Experimental Investigation on Full-Scale Shear-Critical 3D Printed Concrete Walls Subjected to In-Plane Cyclic Loading

Additive construction (AC) methods, such as concrete 3D printing, have been receiving growing attention. While early applications of 3D printed concrete (3DPC) structures, particularly for residential construction, have mostly focused on areas of low or negligible seismicity, there is an increasing interest for applications in earthquake-prone areas. Recently, a new 3DPC wall design, termed as RC-framed 3DPC wall, was introduced for applications in the seismic-force-resisting system of low-rise 3DPC buildings. The RC-framed 3DPC walls are typically reinforced by an internal RC frame and by interlayer reinforcement and can be designed to be flexure-critical or shear-critical.
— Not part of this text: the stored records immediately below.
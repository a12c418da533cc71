-- ===== src/Ledger/Payouts/Confirm.antt =====
-- Confirmations of crates/pool-db/src/queries.rs, `confirm_payout`.
use mathlib.Core.List.{append-nil, append_assoc}
use zcash_mining_pool.Prelude.{
  ℕ, suc, ◌+◌, ◌≡◌, ◌≢◌, refl, ap, sym, subst, ◌∙◌, String, Bool, true, List, [], ◌∷◌, ◌++◌, arith,
  length, ◌+ℤ◌, int_laws, ok,
}
use zcash_mining_pool.Sql.{update, select, delete, sum_by-update, All-update}
use zcash_mining_pool.Ledger.Tables.{Balance, PayoutItem, Payout, Db}
use zcash_mining_pool.Ledger.Payouts.{
  paying_covers, settle, of_attempt, drop_items, confirm_item, confirm_items, confirm_payout_txn,
  confirm_payout,
}
use zcash_mining_pool.Ledger.Payouts.Backing.{IsBacked-update}
use zcash_mining_pool.Ledger.Payouts.Sound.{
  IsSound, IsSolvent, IsBooking, owed, wealth, recorded, recorded-snoc, for_miner_self,
  for_miner_ne, IsHoused-update, bookings-update, ids-update, All-append,
}
use zcash_mining_pool.Ledger.Payouts.Settling.{
  IsSettling, start-IsSettling, finish-IsSound, item_covered, item_lowered,
}

-- The row that settles an item.
abbrev pub payout_for : String → ℕ → ℕ → PayoutItem → Payout
payout_for txid now n i = record {
  id = n;
  miner_id = i.miner_id;
  txid = txid;
  amount = i.amount;
  created_at = now;
}

-- The rows that settle a list of items, with the ids from `n` on.
abbrev pub issue : String → ℕ → ℕ → List PayoutItem → List Payout
issue txid now n [] = []
issue txid now n (i ∷ is) = payout_for txid now n i ∷ issue txid now (suc n) is

abbrev pub confirmed : String → ℕ → PayoutItem → Db → Db
confirmed txid now i db = record db {
  balances = update (paying_covers i.miner_id i.amount) (settle i.amount) db.balances;
  payouts = db.payouts ++ payout_for txid now db.next_payout i ∷ [];
  next_payout = suc db.next_payout;
}

module _ (txid : String) (now : ℕ) where
  module _ (i : PayoutItem) (todo rest : List PayoutItem) (db : Db)
      (h : IsSettling (i ∷ todo) rest db) where
    abbrev p : Balance → Bool
    p = paying_covers i.miner_id i.amount

    abbrev row : Payout
    row = payout_for txid now db.next_payout i

    confirm_item_ok : confirm_item txid now i db ≡ ok (confirmed txid now i db)
    unfolding confirm_item
    confirm_item_ok = ground (arith, item_covered i todo rest db h)

    only_at : (b : Balance) → p b ≡ true → b.miner_id ≡ i.miner_id
    only_at b e = ground arith

    books :
        (b : Balance)
        → b.paid ≡ recorded db.payouts i.miner_id
        → b.paid +ℤ i.amount ≡ recorded (db.payouts ++ row ∷ []) i.miner_id
    books b e =
        rw (recorded-snoc db.payouts row i.miner_id, for_miner_self i.miner_id i.amount, e) refl

    others_kept :
        (j : ℕ) → j ≢ i.miner_id → recorded (db.payouts ++ row ∷ []) j ≡ recorded db.payouts j
    others_kept j ne =
        rw (recorded-snoc db.payouts row j, for_miner_ne j i.miner_id i.amount ne) (omega int_laws)

    settle-IsSolvent : (b : Balance) → IsSolvent b → p b ≡ true → IsSolvent (settle i.amount b)
    settle-IsSolvent b s e = omega (int_laws, h.positive.0)

    confirmed-IsSettling : IsSettling todo rest (confirmed txid now i db)
    confirmed-IsSettling = record {
      backed = item_lowered i todo rest db h (settle i.amount) (λ b. refl) (λ b. refl);
      audited =
          IsBacked-update (λ b. b.paid) i.miner_id others_kept p (settle i.amount) only_at
            (λ b. refl) (λ b _ e. books b e) db.balances (item_covered i todo rest db h) h.audited;
      positive = h.positive.1;
      positive_rest = h.positive_rest;
      housed = IsHoused-update p (settle i.amount) (λ b. refl) db.balances todo h.housed.1;
      housed_rest = IsHoused-update p (settle i.amount) (λ b. refl) db.balances rest h.housed_rest;
      solvent = All-update IsSolvent p (settle i.amount) db.balances settle-IsSolvent h.solvent;
      bookings =
          All-append (IsBooking (update p (settle i.amount) db.balances)) db.payouts (row ∷ [])
            (bookings-update p (settle i.amount) (λ b. refl) db.balances db.payouts h.bookings)
            (
              (
                h.positive.0,
                rw (ids-update p (settle i.amount) (λ b. refl) db.balances i.miner_id) h.housed.0,
              ),
              tt,
            );
    }

    confirmed-owed : owed (confirmed txid now i db) ≡ owed db
    unfolding owed
    confirmed-owed = sum_by-update wealth p (settle i.amount) db.balances (λ b _. omega int_laws)

  -- The loop of a confirmation goes through, and issues one row for each item.
  pub record Confirms (todo rest : List PayoutItem) (db db' : Db) : Type 0 where
    pub runs : confirm_items txid now todo db ≡ ok db'
    pub settles : IsSettling [] rest db'
    pub keeps : owed db' ≡ owed db
    pub only : db' ≡ record db {
      balances = db'.balances;
      payouts = db.payouts ++ issue txid now db.next_payout todo;
      next_payout = db.next_payout + length todo;
    }

  issued_one :
      (i : PayoutItem) (todo : List PayoutItem) (db : Db) (bs : List Balance)
      → (record (confirmed txid now i db) {
        balances = bs;
        payouts = (confirmed txid now i db).payouts ++ issue txid now (suc db.next_payout) todo;
        next_payout = suc db.next_payout + length todo;
      })
        ≡ (record db {
          balances = bs;
          payouts = db.payouts ++ issue txid now db.next_payout (i ∷ todo);
          next_payout = db.next_payout + length (i ∷ todo);
        })
  issued_one i todo db bs =
      let e : (db.payouts ++ payout_for txid now db.next_payout i ∷ [])
            ++ issue txid now (suc db.next_payout) todo
          ≡ db.payouts ++ issue txid now db.next_payout (i ∷ todo) =
        append_assoc db.payouts (payout_for txid now db.next_payout i ∷ [])
          (issue txid now (suc db.next_payout) todo) in
      let n : suc db.next_payout + length todo ≡ db.next_payout + length (i ∷ todo) = omega arith in
      λ j. record db { balances = bs; payouts = e j; next_payout = n j }

  confirm_items-Confirms :
      (todo rest : List PayoutItem) (db : Db)
      → IsSettling todo rest db
      → (db' : Db) × Confirms todo rest db db'
  unfolding confirm_items
  confirm_items-Confirms [] rest db h = (
    db,
    record {
      runs = refl;
      settles = h;
      keeps = refl;
      only =
          let n : db.next_payout ≡ db.next_payout + 0 = omega arith in
          λ j. record db { payouts = sym (append-nil db.payouts) j; next_payout = n j };
    },
  )
  confirm_items-Confirms (i ∷ todo) rest db h =
      let (db', r) =
        confirm_items-Confirms todo rest (confirmed txid now i db)
          (confirmed-IsSettling i todo rest db h) in
      (
        db',
        record {
          runs = rw (confirm_item_ok i todo rest db h) r.runs;
          settles = r.settles;
          keeps = r.keeps ∙ confirmed-owed i todo rest db h;
          only = r.only ∙ issued_one i todo db db'.balances;
        },
      )

  -- What a confirmation of a sound database comes to.
  pub record IsSettlement (k : ℕ) (db db' : Db) : Type 0 where
    pub runs :
        confirm_payout true k txid now db ≡ (ok (length (select (of_attempt k) db.items)), db')
    pub sound : IsSound db'
    pub keeps : owed db' ≡ owed db
    pub only : db' ≡ record db {
      balances = db'.balances;
      items = delete (of_attempt k) db.items;
      payouts = db.payouts ++ issue txid now db.next_payout (select (of_attempt k) db.items);
      next_payout = db.next_payout + length (select (of_attempt k) db.items);
    }

  finish-IsSettlement :
      (k : ℕ) (db db' : Db)
      → Confirms (select (of_attempt k) db.items) (delete (of_attempt k) db.items) db db'
      → IsSettlement k db (drop_items k db')
  unfolding confirm_payout confirm_payout_txn drop_items owed
  finish-IsSettlement k db db' r =
      let same : db'.items ≡ db.items = ap (λ (d : Db). d.items) r.only in
      record {
        runs = ground (arith, r.runs);
        sound =
            finish-IsSound k db'
              (subst (λ is. IsSettling [] (delete (of_attempt k) is) db') (sym same) r.settles);
        keeps = r.keeps;
        only = ap (drop_items k) r.only;
      }

  pub confirm_payout-IsSettlement :
      (k : ℕ) (db : Db) → IsSound db → (db' : Db) × IsSettlement k db db'
  confirm_payout-IsSettlement k db h =
      let (db', r) =
        confirm_items-Confirms (select (of_attempt k) db.items) (delete (of_attempt k) db.items) db
          (start-IsSettling k db h) in
      (drop_items k db', finish-IsSettlement k db db' r)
This paper discusses the findings of an experimental study that evaluated the performance of two shear-critical RC-framed 3DPC walls, one with and one without printed infill (webbing). Both walls were subjected to constant vertical load simulating gravity effects and reversed in-plane lateral cyclic displacement–controlled loading of progressively increasing magnitude simulating seismic effects. While both 3DPC walls achieved similar strength, in accordance with their target design, the 3DPC wall with printed infill exhibited higher stiffness and a higher equivalent viscous damping ratio. The experimental data further enabled validation of recently proposed strength equations that were found to be capable of predicting the strength of both walls with accuracy within 1%. This study is expected to contribute to developing design methodologies for 3D printed concrete structures.